Work order
Your answer must consist of every line from the data below that includes the word "next".

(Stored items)
-- ===== src/Program/Workers.antt =====
-- The worker threads (src/main.cpp) and the database connections they share (src/server.cpp,
-- Server::start; src/db.cpp, DB::acquire).
use zway_server.Base.{
  ℕ, zero, suc, ◌+◌, ◌%◌, ◌^◌, ◌≤◌, ◌<◌, ◌≡◌, ap, ◌&&◌, Option, none, some, arith, ltb, if_cases,
  if◌then◌else◌,
}
use zway_server.Pool.{Pool, startup, run}
use zway_server.Pool.Exhaustion.{HasBroken, rush, run-startup-HasBroken}

-- The loop that creates the workers, `i` of which run; it stops with `none` where the rounds end
-- first. `num_workers` is the option as `uint32_t`, to which the comparison converts it.
unfoldable pub create_workers : ℕ → ℕ → ℕ → Option ℕ
create_workers zero i num_workers = none
create_workers (suc rounds) i num_workers =
    let rest = create_workers rounds ((i + 1) % 2 ^ 32) num_workers in
    if ltb i num_workers && ltb i 50 then rest else some i

abbrev pub least : ℕ → ℕ → ℕ
least a b = if ltb a b then a else b

-- `DB::startup("127.0.0.1", 25)` with the given number of workers and the main thread, which runs
-- handlers as a daemon and the server's `info` at the console.
unfoldable pub crew : ℕ → Pool
crew workers = startup 25 (workers + 1)

create_workers-from :
    (rounds i num_workers : ℕ)
    → i ≤ least num_workers 50
    → 50 < rounds + i
    → create_workers rounds i num_workers ≡ some (least num_workers 50)
unfolding create_workers
create_workers-from zero i n h r = absurd (ground arith)
create_workers-from (suc rounds) i n h r =
    if_cases (λ o. o ≡ some (least n 50)) (ltb i n && ltb i 50)
      (λ e.
        let small : i < 50 = ground arith in
        let next : (i + 1) % 2 ^ 32 ≡ i + 1 = omega arith in
        rw next (create_workers-from rounds (i + 1) n (ground arith) (omega arith)))
      λ e. ap some (ground arith)

-- The loop ends within 51 rounds, and creates as many workers as the option says, at most 50.
pub create_workers-least :
    (num_workers : ℕ) → create_workers 51 0 num_workers ≡ some (least num_workers 50)
create_workers-least n = create_workers-from 51 0 n (ground arith) (omega arith)

-- With 25 workers or more, whatever the number the option gives, there is a schedule in which a
-- thread is given a null lock: the pool has 25 connections.
pub crew-HasBroken :
    (num_workers workers : ℕ)
    → create_workers 51 0 num_workers ≡ some workers
    → 25 ≤ num_workers
    → HasBroken (run (rush 25) (crew workers)).threads
unfolding crew
crew-HasBroken n workers e h =
    let all = create_workers-least n in
    let made : workers ≡ least n 50 = cc in
    run-startup-HasBroken 25 (workers + 1) (ground (arith, made))
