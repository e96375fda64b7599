-- ===== src/Program/Launch.antt =====
-- The program from its command line to its exit code (src/main.cpp). The parser of the command line
-- is Boost's, and what it gives is a parameter, as are the results of the system's calls.
pub mod Exits
use zway_server.Base.{
  ℕ, zero, suc, String, Bool, true, false, not, ◌||◌, List, [], ◌∷◌, ◌++◌, Option, none, some,
  if◌then◌else◌,
}
use zway_server.Server.Lifecycle.{AcceptorApi, Lifecycle, Event, new, start, run, close}
use zway_server.Program.Workers.{create_workers}
use zway_server.Program.Console

-- The variables of `po::variables_map`, with the defaults of the options.
pub record Options : Type 0 where
  pub help : Bool
  pub address : Option String
  pub port : ℕ
  pub num_workers : ℕ
  pub daemon : Bool

-- `fork`: negative, or the parent's process, or the child's.
pub data Fork : Type 0 where
  failed : Fork
  parent : Fork
  child : Fork

-- `setsid` gives no number where its result is negative.
pub record System : Type 0 where
  pub fork : Fork
  pub setsid : Option ℕ
  pub chdir : Bool

pub data Act : Type 0 where
  complained : Act
  usage_printed : Act
  mask_cleared : Act
  pid_written : ℕ → Act
  descriptors_closed : Act
  handler_set : Act
  file_log_added : Act
  console_log_added : Act
  attributes_added : Act
  worker_created : Act
  curl_started : Act
  server_closed : Act
  work_reset : Act
  workers_joined : Act
  curl_cleaned : Act
  said_bye : Act

-- The exit code: -1, EXIT_FAILURE, EXIT_SUCCESS and 0.
pub data Status : Type 0 where
  returned_minus_one : Status
  exit_failure : Status
  exit_success : Status
  returned_zero : Status

-- What was done, and how the program ended if it did.
abbrev pub Part : Type 0
Part = List Act × Option Status

in_new_session : Option ℕ → Bool → Part
in_new_session none moved = (mask_cleared ∷ [], some exit_failure)
in_new_session (some sid) false = (mask_cleared ∷ pid_written sid ∷ [], some exit_failure)
in_new_session (some sid) true =
    (mask_cleared ∷ pid_written sid ∷ descriptors_closed ∷ handler_set ∷ file_log_added ∷ [], none)

forked : Fork → System → Part
unfolding in_new_session
forked failed system = ([], some exit_failure)
forked parent system = ([], some exit_success)
forked child system = in_new_session system.setsid system.chdir

-- The branch on the option --daemon.
unfoldable pub detach : System → Bool → Part
unfolding forked
detach system true = forked system.fork system
detach system false = (console_log_added ∷ [], none)

abbrev pub is_given : Option String → Bool
is_given none = false
is_given (some address) = true

-- The help and a missing address end the program, too.
unfoldable pub prepare : System → Options → Part
unfolding detach
prepare system options =
    if options.help || not (is_given options.address)
    then (usage_printed ∷ [], some returned_minus_one)
    else detach system options.daemon

created : ℕ → List Act
created zero = []
created (suc n) = worker_created ∷ created n

-- A program that has ended.
pub record Ran (A : Type 0) : Type 0 where
  pub acts : List Act
  pub status : Status
  pub server : Lifecycle A

module _ {A : Type 0} (api : AcceptorApi A) where
  -- `workers.join_all()` of n workers: `last` is what they still handle until the io_service has no
  -- work left, which may never be; without workers there is nothing to wait for.
  joined : ℕ → Option (List Event) → Lifecycle A → Option (Lifecycle A)
  joined zero last s = some s
  joined (suc n) none s = none
  joined (suc n) (some es) s = some (run api es s)

  after_join : List Act → Option (Lifecycle A) → Option (Ran A)
  after_join acts none = none
  after_join acts (some s) = some (record {
    acts = acts ++ server_closed ∷ work_reset ∷ workers_joined ∷ curl_cleaned ∷ said_bye ∷ [];
    status = returned_zero;
    server = s;
  })

  -- The end of `main`; `none` is a loop, or a join of the workers, that does not end.
  finish : ℕ → Option (List Event) → List Act → Option (Console.Console A) → Option (Ran A)
  unfolding joined after_join close
  finish n last acts none = none
  finish n last acts (some c) = after_join acts (joined n last (close api c.server))

  -- `io_service->run()`, which returns when a signal stops the service.
  until_signal : Lifecycle A → Option (List Event) → Option (Console.Console A)
  until_signal s none = none
  until_signal s (some es) = some (record { server = run api es s; notices = [] })

  -- A signal stops the service, and the workers of the daemon with it, which handle nothing more.
  serve :
      Bool
      → ℕ
      → List Act
      → Bool × Lifecycle A
      → List (List Event × ℕ)
      → Option (List Event)
      → Option (List Event)
      → Option (Ran A)
  unfolding finish until_signal
  serve daemon n acts (false, s) keys signal last =
      some (record { acts = acts; status = returned_minus_one; server = s })
  serve true n acts (true, s) keys signal last = finish n (some []) acts (until_signal s signal)
  serve false n acts (true, s) keys signal last =
      finish n last acts (Console.control api keys (record { server = s; notices = [] }))

  -- The workers; `none` is a loop that goes on beyond its rounds.
  employ :
      Bool
      → List Act
      → Option ℕ
      → Bool × Lifecycle A
      → List (List Event × ℕ)
      → Option (List Event)
      → Option (List Event)
      → Option (Ran A)
  unfolding created serve
  employ daemon acts none started keys signal last = none
  employ daemon acts (some n) started keys signal last =
      serve daemon n (acts ++ attributes_added ∷ created n ++ curl_started ∷ []) started keys signal
        last

  go_on :
      Part
      → Options
      → Bool × Lifecycle A
      → A
      → List (List Event × ℕ)
      → Option (List Event)
      → Option (List Event)
      → Option (Ran A)
  unfolding employ
  go_on (acts, some status) options started a keys signal last =
      some (record { acts = acts; status = status; server = new a })
  go_on (acts, none) options started a keys signal last =
      employ options.daemon acts (create_workers 51 0 options.num_workers) started keys signal last

  -- A command line that does not parse ends the program. `keys` are what the console reads, `signal`
  -- what the daemon does until a signal stops it, `last` what the workers do after the close.
  unfoldable pub main :
      System
      → Option Options
      → Bool
      → Bool
      → A
      → List (List Event × ℕ)
      → Option (List Event)
      → Option (List Event)
      → Option (Ran A)
  unfolding go_on prepare start
  main system none database prepared a keys signal last = some (record {
    acts = complained ∷ usage_printed ∷ [];
    status = returned_minus_one;
    server = new a;
  })
  main system (some options) database prepared a keys signal last =
      go_on (prepare system options) options (start api database prepared (new a)) a keys signal
        last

Output of the exercise
        let next : (i + 1) % 2 ^ 32 ≡ i + 1 = omega arith in
        rw next (create_workers-from rounds (i + 1) n (ground arith) (omega arith)))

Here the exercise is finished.